> [Stored data entries]:
•••••
-- ===== src/SqlText/Splitter/Scans.antt =====
-- crates/sql-text/src/splitter.rs: the scans that no block structure guides. Each walks over the
-- tokens from index `i` on, `rest`.
use reldex.Base.Int.{ℤ, pos, ◌+ℤ◌, ◌-ℤ◌, leb_ℤ}
use reldex.Base.{ℕ, ◌+◌, Bool, true, ◌&&◌, List, [], ◌∷◌, drop, if◌then◌else◌}
use reldex.Text.{Text, text_eq, codes}
use reldex.SqlText.Dialect.{SqlDialect}
use reldex.SqlText.Token.{Token}
use reldex.SqlText.Splitter.Span.{
  plain, block, terminator, ScanOutcome, is_operator, is_word, is_trivial, token_text,
  is_terminator,
}
use reldex.SqlText.Splitter.Slash.{
  ran_to_eof, is_lone_slash_line, end_at_slash_line, finish_with_maybe_slash,
}

-- `token.kind == TokenKind::Operator && is_lone_slash_line(text, token)`.
unfoldable pub is_slash : Text → Token → Bool
is_slash text t = is_operator t.kind && is_lone_slash_line text t

-- The depth behind a token: `(` and `)` change it.
unfoldable pub paren_depth_after : Text → Token → ℤ → ℤ
unfolding ◌+ℤ◌ ◌-ℤ◌
paren_depth_after text t depth =
    if text_eq (token_text text t) (codes "(")
    then depth +ℤ pos 1
    else if text_eq (token_text text t) (codes ")")
    then depth -ℤ pos 1
    else depth

abbrev pub is_paren : Text → Token → Bool
is_paren text t =
    if text_eq (token_text text t) (codes "(")
    then true
    else text_eq (token_text text t) (codes ")")

module _ (d : SqlDialect) (tokens : List Token) (text : Text) where
  unfoldable pub scan_plain_from : ℕ → ℕ → List Token → ScanOutcome
  scan_plain_from content_start i [] = ran_to_eof tokens text plain
  scan_plain_from content_start i (t ∷ rest) =
      if d.slash_terminates_plain && is_slash text t
      then end_at_slash_line text t plain (i + 1) content_start
      else if is_terminator d text t
      then record {
        content_end = t.start;
        full_end = t.end;
        terminated = true;
        ended_by = terminator;
        next_i = i + 1;
        kind = plain;
      }
      else scan_plain_from content_start (i + 1) rest

  unfoldable pub scan_plain : ℕ → ℕ → ScanOutcome
  unfolding scan_plain_from
  scan_plain start content_start = scan_plain_from content_start start (drop start tokens)

  unfoldable pub scan_opaque_source_from : ℕ → ℕ → List Token → ScanOutcome
  scan_opaque_source_from content_start i [] = ran_to_eof tokens text block
  scan_opaque_source_from content_start i (t ∷ rest) =
      if is_slash text t
      then end_at_slash_line text t block (i + 1) content_start
      else scan_opaque_source_from content_start (i + 1) rest

  unfoldable pub scan_opaque_source : ℕ → ℕ → ScanOutcome
  unfolding scan_opaque_source_from
  scan_opaque_source start content_start =
      scan_opaque_source_from content_start start (drop start tokens)

  unfoldable pub scan_paren_delimited_from : ℕ → ℕ → List Token → ℤ → ScanOutcome
  scan_paren_delimited_from content_start i [] depth = ran_to_eof tokens text block
  scan_paren_delimited_from content_start i (t ∷ rest) depth =
      let paren = is_operator t.kind && is_paren text t in
      let later =
        scan_paren_delimited_from content_start (i + 1) rest
          (if paren then paren_depth_after text t depth else depth) in
      if d.slash_terminates_block && is_slash text t
      then end_at_slash_line text t block (i + 1) content_start
      else if paren
      then later
      else if leb_ℤ depth (pos 0) && is_terminator d text t
      then finish_with_maybe_slash d tokens text t.start t.end (i + 1) block
      else later

  unfoldable pub scan_paren_delimited : ℕ → ℕ → ScanOutcome
  unfolding scan_paren_delimited_from
  scan_paren_delimited start content_start =
      scan_paren_delimited_from content_start start (drop start tokens) (pos 0)

  unfoldable pub scan_to_terminator_from : ℕ → ℕ → List Token → ScanOutcome
  scan_to_terminator_from content_start i [] = ran_to_eof tokens text block
  scan_to_terminator_from content_start i (t ∷ rest) =
      if d.slash_terminates_block && is_slash text t
      then end_at_slash_line text t block (i + 1) content_start
      else if is_terminator d text t
      then finish_with_maybe_slash d tokens text t.start t.end (i + 1) block
      else scan_to_terminator_from content_start (i + 1) rest

  unfoldable pub scan_to_terminator : ℕ → ℕ → ScanOutcome
  unfolding scan_to_terminator_from
  scan_to_terminator start content_start =
      scan_to_terminator_from content_start start (drop start tokens)

  -- Words and trivia up to the terminator, and past it; stops in front of anything else.
  unfoldable pub skip_end_qualifier_from : ℕ → List Token → ℕ
  skip_end_qualifier_from i [] = i
  skip_end_qualifier_from i (t ∷ rest) =
      let later = skip_end_qualifier_from (i + 1) rest in
      if is_trivial t.kind
      then later
      else if is_terminator d text t
      then i + 1
      else if is_word t.kind
      then later
      else i

  unfoldable pub skip_end_qualifier : ℕ → ℕ
  unfolding skip_end_qualifier_from
  skip_end_qualifier start = skip_end_qualifier_from start (drop start tokens)

  -- Behind the outermost `END` at `end_index`: words and trivia, then a terminator or nothing known.
  unfoldable pub finish_structured_from : ℕ → List Token → ScanOutcome
  finish_structured_from j [] = ran_to_eof tokens text block
  finish_structured_from j (t ∷ rest) =
      let later = finish_structured_from (j + 1) rest in
      if is_trivial t.kind
      then later
      else if is_word t.kind
      then later
      else if is_terminator d text t
      then finish_with_maybe_slash d tokens text t.start t.end (j + 1) block
      else ran_to_eof tokens text block

  unfoldable pub finish_structured : ℕ → ScanOutcome
  unfolding finish_structured_from
  finish_structured end_index = finish_structured_from (end_index + 1) (drop (end_index + 1) tokens)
•••••
> [Assigned task]:
Some lines in the data above hold the string "kind". Find and copy each of them.

> [Answer section]:
-- `token.kind == TokenKind::Operator && is_lone_slash_line(text, token)`.
is_slash text t = is_operator t.kind && is_lone_slash_line text t
        kind = plain;
      let paren = is_operator t.kind && is_paren text t in
      if is_trivial t.kind
      else if is_word t.kind
      if is_trivial t.kind
      else if is_word t.kind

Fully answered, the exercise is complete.